Ye left that in a Cup here did him comfort.

_Leu_. That in the Bowl?

_Leo_. Yes truly, very much comfort,
He drank it off, and after it spoke lustily.

_Leu_. Did he drink it all?

_Leo_. All off.

_Leu_. The Devil choak him;
I am undone: h'as twenty Devils in him;
Undone for ever, left he none?

_Leo_. I think not.

_Leu_. No, not a drop: what shall become of me now?
Had he no where else to swound? a vengeance swound him:
Undone, undone, undone: stay, I can lye yet
And swear too at a pinch, that's all my comfort.
Look to him; I say look to him, & but mark what follows.     [_Ex._

_Enter Demetrius._

_Leo_. What a Devil ails the Woman? here comes the Prince again,
With such a sadness on his face, as sorrow,
Sorrow her self but poorly imitates.
Sorrow of Sorrows on that heart that caus'd it.

_Dem_. Why might she not be false and treacherous to me?
And found so by my Father? she was a Woman,
And many a one of that Sex, young and fair,
As full of faith as she, have fallen, and foully.

_Leo_. It is a Wench! O that I knew the circumstance.

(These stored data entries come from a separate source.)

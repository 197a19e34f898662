-- ===== src/Protocol/Frame/Decoded.antt =====
-- What a successful decode says of the slices of the frame.
use p2p_transmission.Prelude.{
  ℕ, ◌+◌, ◌≤◌, ◌≡◌, ap, ◌↔◌, List, length, drop, arith, ok, ok-injective, >>=-eq-ok,
}
use p2p_transmission.Prelude.Words.{u64_max}
use p2p_transmission.OrdMap.Order.{text_order, same_iff}
use p2p_transmission.Protocol.Limits.{max_chunk_bytes}
use p2p_transmission.Protocol.Version.{current_protocol}
use p2p_transmission.Protocol.Bytes.{slice}
use p2p_transmission.Protocol.Frame.{
  BinaryChunkHeader, chunk_magic, data_frame_type, byte_at, validate_frame, read_header,
  decode_binary_frame,
}

-- What the checks accept.
pub record IsAccepted (frame_len : ℕ) (magic : List ℕ) (frame_type : ℕ) (h : BinaryChunkHeader)
    : Type 0 where
  pub magic_known : magic ≡ chunk_magic
  pub version_current : h.version ≡ current_protocol
  pub type_known : frame_type ≡ data_frame_type
  pub payload_fits : h.payload_len ≤ max_chunk_bytes
  pub end_fits : h.offset + h.payload_len ≤ u64_max
  pub length_exact : frame_len ≡ 53 + h.payload_len

-- The checks accept exactly these.
pub validate_frame-IsAccepted :
    (n : ℕ) (magic : List ℕ) (frame_type : ℕ) (h : BinaryChunkHeader)
    → (validate_frame n magic frame_type h ≡ ok tt) ↔ IsAccepted n magic frame_type h
unfolding validate_frame
validate_frame-IsAccepted n magic frame_type h = (
  λ e. ground (arith, same_iff magic chunk_magic),
  λ a. ground (
    arith,
    same_iff magic chunk_magic,
    a.magic_known,
    a.version_current,
    a.type_known,
    a.payload_fits,
    a.end_fits,
    a.length_exact,
  ),
)

-- A frame that decodes: its checks pass, and what is returned was read from it.
pub record IsDecoded (f : List ℕ) (h : BinaryChunkHeader) (payload : List ℕ) : Type 0 where
  pub accepted : IsAccepted (length f) (slice 0 4 f) (byte_at 8 f) (read_header f)
  pub header : read_header f ≡ h
  pub rest : drop 53 f ≡ payload

-- Decoding succeeds exactly so.
pub decode-IsDecoded :
    (f : List ℕ) (h : BinaryChunkHeader) (payload : List ℕ)
    → (decode_binary_frame f ≡ ok (h, payload)) ↔ IsDecoded f h payload
unfolding decode_binary_frame
decode-IsDecoded f h payload =
    (forward, λ d. rw ((validate_frame-IsAccepted _ _ _ _).1 d.accepted) (rw (d.header, d.rest)))
  where
    forward : decode_binary_frame f ≡ ok (h, payload) → IsDecoded f h payload
    forward e =
        let (_, checks, result) =
          >>=-eq-ok (validate_frame (length f) (slice 0 4 f) (byte_at 8 f) (read_header f)) _ e in
        record {
          accepted = (validate_frame-IsAccepted _ _ _ _).0 checks;
          header = ap (λ (x : BinaryChunkHeader × List ℕ). x.0) (ok-injective result);
          rest = ap (λ (x : BinaryChunkHeader × List ℕ). x.1) (ok-injective result);
        }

_Dem_. Why might not, to preserve me from this ruine,
She having lost her honour, and abused me,
My father change the forms o'th' coins, and execute
His anger on a fault she ne'r committed,
Only to keep me safe? why should I think so?
She never was to me, but all obedience,
Sweetness, and love.

_Leo_. How heartily he weeps now!
I have not wept this thirty years, and upward;
But now, if I should be hang'd I cannot hold from't
It grieves me to the heart.

_Dem_. Who's that that mocks me?

_Leo_. A plague of him that mocks ye: I grieve truly,
Truly, and heartily to see you thus, Sir:
And if it lay in my power, gods are my witness,
Who e'r he be that took your sweet peace from you;
I am not so old yet, nor want I spirit--

_Dem_.No more of that, no more _Leontius_,
Revenges are the gods: our part is sufferance:
Farewell, I shall not see thee long.

_Leo_. Good Sir, tell me the cause, I know there is a woman in't;
Do you hold me faithful? dare you trust your Souldier?
Sweet Prince, the cause?

_Dem_. I must not, dare not tell it,
And as thou art an honest man, enquire not.

_Leo_. Will ye be merry then?

_Dem_. I am wondrous merry.

_Leo_. 'Tis wondrous well: you think now this becomes ye.
Shame on't, it does not, Sir, it shews not handsomely;
If I were thus; you would swear I were an Ass straight;
A wooden ass; whine for a Wench?

_Dem_. Prithee leave me.

_Leo_. I will not leave ye for a tit.

_Dem. Leontius?_

_Leo_. For that you may have any where for six pence,
And a dear penny-worth too.

_Dem_. Nay, then you are troublesome.

_Leo_. Not half so troublesom as you are to your self, Sir;
Was that brave Heart made to pant for a placket:
And now i'th' dog-days too, when nothing dare love!
That noble Mind to melt away and moulder
For a hey nonny, nonny! Would I had a Glass here,
To shew ye what a pretty toy ye are turn'd to.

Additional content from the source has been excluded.